1. Normal RBC Physiology - The Foundation
Structure and lifespan
- Biconcave disc, ~7-8 µm diameter, no nucleus or organelles at maturity
- Lifespan: ~120 days; destroyed by splenic and hepatic macrophages (extravascular)
- Primary function: O2 transport via hemoglobin (Hb)
Hemoglobin structure
- Normal adult: 96% HbA (α₂β₂), 3% HbA2 (α₂δ₂), 1% HbF (α₂γ₂)
- O2 dissociation curve - shifted right by: ↑temperature, ↑CO2, ↑2,3-DPG, acidosis (Bohr effect)
- 2,3-DPG: stabilizes deoxygenated Hb → releases O2 to tissues
Erythropoiesis
- Stem cell → BFU-E → CFU-E → proerythroblast → basophilic → polychromatophilic → orthochromic erythroblast → reticulocyte → mature RBC
- Regulated by erythropoietin (EPO) from peritubular cells of the kidney (released in response to hypoxia)

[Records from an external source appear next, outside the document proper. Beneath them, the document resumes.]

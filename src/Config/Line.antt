-- ===== src/Config/Line.antt =====
-- `get_value`, struct config_ctx and `process_line` of config.c. `ctx->last_peer` is always the last
-- peer of the device's list, and null while the list is empty; `ctx->last_allowedip` is the last
-- address of that peer. So both are read off the list, and a use of a null `last_peer` is a fault.
pub mod Laws
pub mod Peers
use router1_app.Prelude.{
  ℕ, bit_or, Bool, true, false, Option, none, some, List, [], ◌∷◌, ◌++◌, leb, if◌then◌else◌, Bytes,
  codes, Outcome, ◌>>=◌, ◌>>◌, ok, fail, fault, length, drop,
}
use router1_app.Libc.{strncasecmp_eq, strcasecmp_eq}
use router1_app.Containers.{Peer, Device, zero_peer}
use router1_app.Containers.DeviceFlag
use router1_app.Containers.PeerFlag
use router1_app.Config.Host.{Host}
use router1_app.Config.Values.{
  parse_port, parse_fwmark, parse_key, parse_persistent_keepalive, parse_awg_string, parse_uint16,
  parse_bool,
}
use router1_app.Config.Endpoint.{parse_endpoint}
use router1_app.Config.Address.{parse_allowedips}

-- The text behind the key, unless nothing is there.
unfoldable pub get_value : Bytes → Bytes → Option Bytes
unfolding strncasecmp_eq
get_value line key =
    if leb (length line) (length key)
    then none
    else if strncasecmp_eq (length key) line key
    then some (drop (length key) line)
    else none

-- struct config_ctx.
pub record Ctx : Type 0 where
  pub device : Device
  pub is_peer_section : Bool
  pub is_device_section : Bool

-- A chain `if (key_match(key)) ... else if ... else`, as the list of its keys and branches.
abbrev pub Branches : Type 0 → Type 0
Branches A = List (Bytes × (Bytes → Outcome A))

unfoldable pub first_key : {A : Type 0} → Bytes → Branches A → Outcome A
unfolding get_value
first_key line [] = fail
first_key line ((key, branch) ∷ more) = elim (get_value line key) [
  | some value ↦ branch value
  | none ↦ first_key line more
]

-- An assignment to the device, or through `ctx->last_peer`.
abbrev pub at_last : List Peer → (Peer → Outcome Peer) → Outcome (List Peer)
at_last [] f = fault
at_last (p ∷ []) f = do q ← f p; ok (q ∷ [])
at_last (p ∷ q ∷ peers) f = do rest ← at_last (q ∷ peers) f; ok (p ∷ rest)

-- The answer of `parse_key` as the control flow of its callers.
abbrev pub key_or_fail : Bool × Bytes → Outcome Bytes
key_or_fail (accepted, key) = if accepted then ok key else fail

abbrev pub add_flag : Device → ℕ → Device
add_flag d flag = record d { flags = bit_or d.flags flag }

-- The branches of `ctx->is_device_section`, in their order.
unfoldable pub device_branches : Host → Device → Branches Device
device_branches h d =
    (
      codes "ListenPort=",
      λ v. do p ← parse_port h d.flags v; ok (record d { listen_port = p.value; flags = p.flags }),
    )
    ∷ (
      codes "FwMark=",
      λ v. do p ← parse_fwmark d.flags v; ok (record d { fwmark = p.value; flags = p.flags }),
    )
    ∷ (
      codes "PrivateKey=",
      λ v. do
        k ← key_or_fail (parse_key d.private_key v)
        ok (add_flag (record d { private_key = k }) DeviceFlag.has_private_key),
    )
    ∷ (
      codes "Jc=",
      λ v. do
        n ← parse_uint16 v
        ok (add_flag (record d { junk_packet_count = n }) DeviceFlag.has_jc),
    )
    ∷ (
      codes "Jmin=",
      λ v. do
        n ← parse_uint16 v
        ok (add_flag (record d { junk_packet_min_size = n }) DeviceFlag.has_jmin),
    )
    ∷ (
      codes "Jmax=",
      λ v. do
        n ← parse_uint16 v
        ok (add_flag (record d { junk_packet_max_size = n }) DeviceFlag.has_jmax),
    )
    ∷ (
      codes "S1=",
      λ v. do
        n ← parse_uint16 v
        ok (add_flag (record d { init_packet_junk_size = n }) DeviceFlag.has_s1),
    )
    ∷ (
      codes "S2=",
      λ v. do
        n ← parse_uint16 v
        ok (add_flag (record d { response_packet_junk_size = n }) DeviceFlag.has_s2),
    )
    ∷ (
      codes "S3=",
      λ v. do
        n ← parse_uint16 v
        ok (add_flag (record d { cookie_reply_packet_junk_size = n }) DeviceFlag.has_s3),
    )
    ∷ (
      codes "S4=",
      λ v. do
        n ← parse_uint16 v
        ok (add_flag (record d { transport_packet_junk_size = n }) DeviceFlag.has_s4),
    )
    ∷ (
      codes "H1=",
      λ v. do
        t ← parse_awg_string v
        ok (add_flag (record d { init_packet_magic_header = t }) DeviceFlag.has_h1),
    )
    ∷ (
      codes "H2=",
      λ v. do
        t ← parse_awg_string v
        ok (add_flag (record d { response_packet_magic_header = t }) DeviceFlag.has_h2),
    )
    ∷ (
      codes "H3=",
      λ v. do
        t ← parse_awg_string v
        ok (add_flag (record d { underload_packet_magic_header = t }) DeviceFlag.has_h3),
    )
    ∷ (
      codes "H4=",
      λ v. do
        t ← parse_awg_string v
        ok (add_flag (record d { transport_packet_magic_header = t }) DeviceFlag.has_h4),
    )
    ∷ (
      codes "I1=",
      λ v. do t ← parse_awg_string v; ok (add_flag (record d { i1 = t }) DeviceFlag.has_i1),
    )
    ∷ (
      codes "I2=",
      λ v. do t ← parse_awg_string v; ok (add_flag (record d { i2 = t }) DeviceFlag.has_i2),
    )
    ∷ (
      codes "I3=",
      λ v. do t ← parse_awg_string v; ok (add_flag (record d { i3 = t }) DeviceFlag.has_i3),
    )
    ∷ (
      codes "I4=",
      λ v. do t ← parse_awg_string v; ok (add_flag (record d { i4 = t }) DeviceFlag.has_i4),
    )
    ∷ (
      codes "I5=",
      λ v. do t ← parse_awg_string v; ok (add_flag (record d { i5 = t }) DeviceFlag.has_i5),
    )
    ∷ []

unfoldable pub device_line : Host → Bytes → Device → Outcome Device
unfolding first_key device_branches
device_line h line d = first_key line (device_branches h d)

abbrev pub add_peer_flag : Peer → ℕ → Peer
add_peer_flag p flag = record p { flags = bit_or p.flags flag }

-- The branches of `ctx->is_peer_section`, on the peer that `ctx->last_peer` points to.
unfoldable pub peer_branches : Host → ℕ → Peer → Branches Peer
peer_branches h fuel p =
    (codes "Endpoint=", λ v. do e ← parse_endpoint h fuel v; ok (record p { endpoint = e }))
    ∷ (
      codes "PublicKey=",
      λ v. do
        k ← key_or_fail (parse_key p.public_key v)
        ok (add_peer_flag (record p { public_key = k }) PeerFlag.has_public_key),
    )
    ∷ (codes "AllowedIPs=", λ v. parse_allowedips h v p)
    ∷ (
      codes "PersistentKeepalive=",
      λ v. do
        n ← parse_persistent_keepalive p.flags v
        ok (record p { persistent_keepalive_interval = n.value; flags = n.flags }),
    )
    ∷ (
      codes "PresharedKey=",
      λ v. do
        k ← key_or_fail (parse_key p.preshared_key v)
        ok (add_peer_flag (record p { preshared_key = k }) PeerFlag.has_preshared_key),
    )
    ∷ (
      codes "AdvancedSecurity=",
      λ v. do b ← parse_bool v; ok (add_peer_flag (record p { awg = b }) PeerFlag.has_awg),
    )
    ∷ []

unfoldable pub peer_line : Host → ℕ → Bytes → Peer → Outcome Peer
unfolding first_key peer_branches
peer_line h fuel line p = first_key line (peer_branches h fuel p)

-- A new section for a peer.
abbrev pub new_peer : Peer
new_peer = record zero_peer { flags = PeerFlag.replace_allowedips }

unfoldable pub process_line : Host → ℕ → Ctx → Bytes → Outcome Ctx
unfolding strcasecmp_eq device_line peer_line get_value
process_line h fuel ctx line =
    if strcasecmp_eq line (codes "[Interface]")
    then ok (record ctx { is_peer_section = false; is_device_section = true })
    else if strcasecmp_eq line (codes "[Peer]")
    then ok (record {
      device = record (ctx.device) { peers = ctx.device.peers ++ (new_peer ∷ []) };
      is_peer_section = true;
      is_device_section = false;
    })
    else if ctx.is_device_section
    then (do d ← device_line h line ctx.device; ok (record ctx { device = d }))
    else if ctx.is_peer_section
    then (do
      peers ← at_last ctx.device.peers (peer_line h fuel line)
      ok (record ctx { device = record (ctx.device) { peers = peers } }))
    else fail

- Requires: iron (heme), B12 and folate (DNA synthesis), protein (globin chains)
Key RBC indices (Harrison's 22e)
| Index | Formula | Normal |
|---|
| MCV | Hct/RBC × 10 | 85-95 fL |
| MCH | Hgb/RBC | 28-33 pg |
| MCHC | Hgb/Hct × 100 | 33.8-34.2 g/dL |
| RDW | Size variation | 11.5-14.5% |
- Harrison's Principles of Internal Medicine 22e, Table 66-1
2. Anemia - Definition and Classification
Definition: Hemoglobin below the lower limit of normal for age and sex. Practically:
- Men: Hb <13.5 g/dL
- Women: Hb <12 g/dL
- Pregnant women: Hb <11 g/dL
Classification by MCV (Wintrobe classification)
Microcytic (MCV <80 fL) - mnemonic TAILS:
- Thalassemia
- Anemia of chronic disease (often normocytic)
- Iron deficiency
- Lead poisoning / sideroblastic
- Sideroblastic anemia
Macrocytic (MCV >95 fL):
- Oval macrocytes (megaloblastic): B12 deficiency, folate deficiency, chemotherapy, myelodysplasia
- Round macrocytes (non-megaloblastic): Alcohol, liver disease, hypothyroidism, reticulocytosis
Normocytic (MCV 80-95 fL):
- Aplastic anemia, renal disease, anemia of chronic disease (early), hemolytic anemia, endocrinopathies, marrow invasion
Classification by Mechanism
Increased RBC loss/destruction (reticulocytes HIGH):
- Blood loss (acute hemorrhage)
- Hemolytic anemia (intrinsic or extrinsic defect)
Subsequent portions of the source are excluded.